# [Work request]
Below are records; quote them exactly from the first line through the line that contains "ground (arith, fresh, lookup-reap".

Stored items
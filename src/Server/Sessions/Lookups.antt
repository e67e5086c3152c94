-- ===== src/Server/Sessions/Lookups.antt =====
-- What the sessions of pkg/server/session.go promise their callers.
use ntwire.Base.{
  ℕ, ◌+◌, String, ◌≡◌, refl, Option, none, some, [], ◌∷◌, arith, Map, lookup, lookup-insert, IsMap,
  ltb, if◌then◌else◌, string_discrete, test,
}
use ntwire.Server.Sessions.{Session, CreateParams, create, get, reap}

module _ {Details : Type 0} where
  reap-lookup_absent :
      (now : ℕ) (t : String) (s : Map String (Session Details))
      → lookup string_discrete t s ≡ none
      → lookup string_discrete t (reap now s).0 ≡ none
  unfolding reap lookup
  reap-lookup_absent now t [] e = e
  reap-lookup_absent now t ((k, v) ∷ rest) e = ground (arith, reap-lookup_absent now t rest)

  -- With each token stored once, reaping keeps exactly the sessions that have not expired: whatever token is looked up
  -- afterwards, the map holds what `get` found before.
  pub lookup-reap :
      (now : ℕ) (t : String) (s : Map String (Session Details))
      → IsMap string_discrete s
      → lookup string_discrete t (reap now s).0 ≡ get now t s
  unfolding reap get lookup
  lookup-reap now t [] h = refl
  lookup-reap now t ((k, v) ∷ rest) (fresh, h) =
      ground (arith, fresh, lookup-reap now t rest h, reap-lookup_absent now t rest)

  -- A new session is found by its token until it expires, and then by none; sessions with other
  -- tokens are found as before.
  pub get-create :
      (canonical : String → Option String) (now later : ℕ) (id token t : String)
      (p : CreateParams Details) (s : Map String (Session Details))
      → get later t (create canonical now id token p s).0 ≡ (
          if test (string_discrete token t)
          then if ltb (now + p.ttl) later then none else some (create canonical now id token p s).1
          else get later t s)
  unfolding get create
  get-create canonical now later id token t p s =
      ground (arith, lookup-insert string_discrete token t (create canonical now id token p s).1 s)
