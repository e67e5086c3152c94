-- ===== src/Tests.antt =====
-- Concrete inputs on which the theorems of the other modules apply.
pub mod Limiters
pub mod Payloads
pub mod FullRings
pub mod Hellos
pub mod Routes
pub mod Udp
pub mod Registries
pub mod Policies
pub mod Sessions
pub mod Paths
pub mod RelayPools
pub mod NativeRelays
pub mod Trays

# [Answer below]
filename src/Server/Sessions/Lookups.antt
repository e67e5086c3152c94
-- ===== src/Server/Sessions/Lookups.antt =====
-- What the sessions of pkg/server/session.go promise their callers.
use ntwire.Base.{
  ℕ, ◌+◌, String, ◌≡◌, refl, Option, none, some, [], ◌∷◌, arith, Map, lookup, lookup-insert, IsMap,
  ltb, if◌then◌else◌, string_discrete, test,
}
use ntwire.Server.Sessions.{Session, CreateParams, create, get, reap}

module _ {Details : Type 0} where
  reap-lookup_absent :
      (now : ℕ) (t : String) (s : Map String (Session Details))
      → lookup string_discrete t s ≡ none
      → lookup string_discrete t (reap now s).0 ≡ none
  unfolding reap lookup
  reap-lookup_absent now t [] e = e
  reap-lookup_absent now t ((k, v) ∷ rest) e = ground (arith, reap-lookup_absent now t rest)

  -- With each token stored once, reaping keeps exactly the sessions that have not expired: whatever token is looked up
  -- afterwards, the map holds what `get` found before.
  pub lookup-reap :
      (now : ℕ) (t : String) (s : Map String (Session Details))
      → IsMap string_discrete s
      → lookup string_discrete t (reap now s).0 ≡ get now t s
  unfolding reap get lookup
  lookup-reap now t [] h = refl
  lookup-reap now t ((k, v) ∷ rest) (fresh, h) =
      ground (arith, fresh, lookup-reap now t rest h, reap-lookup_absent now t rest)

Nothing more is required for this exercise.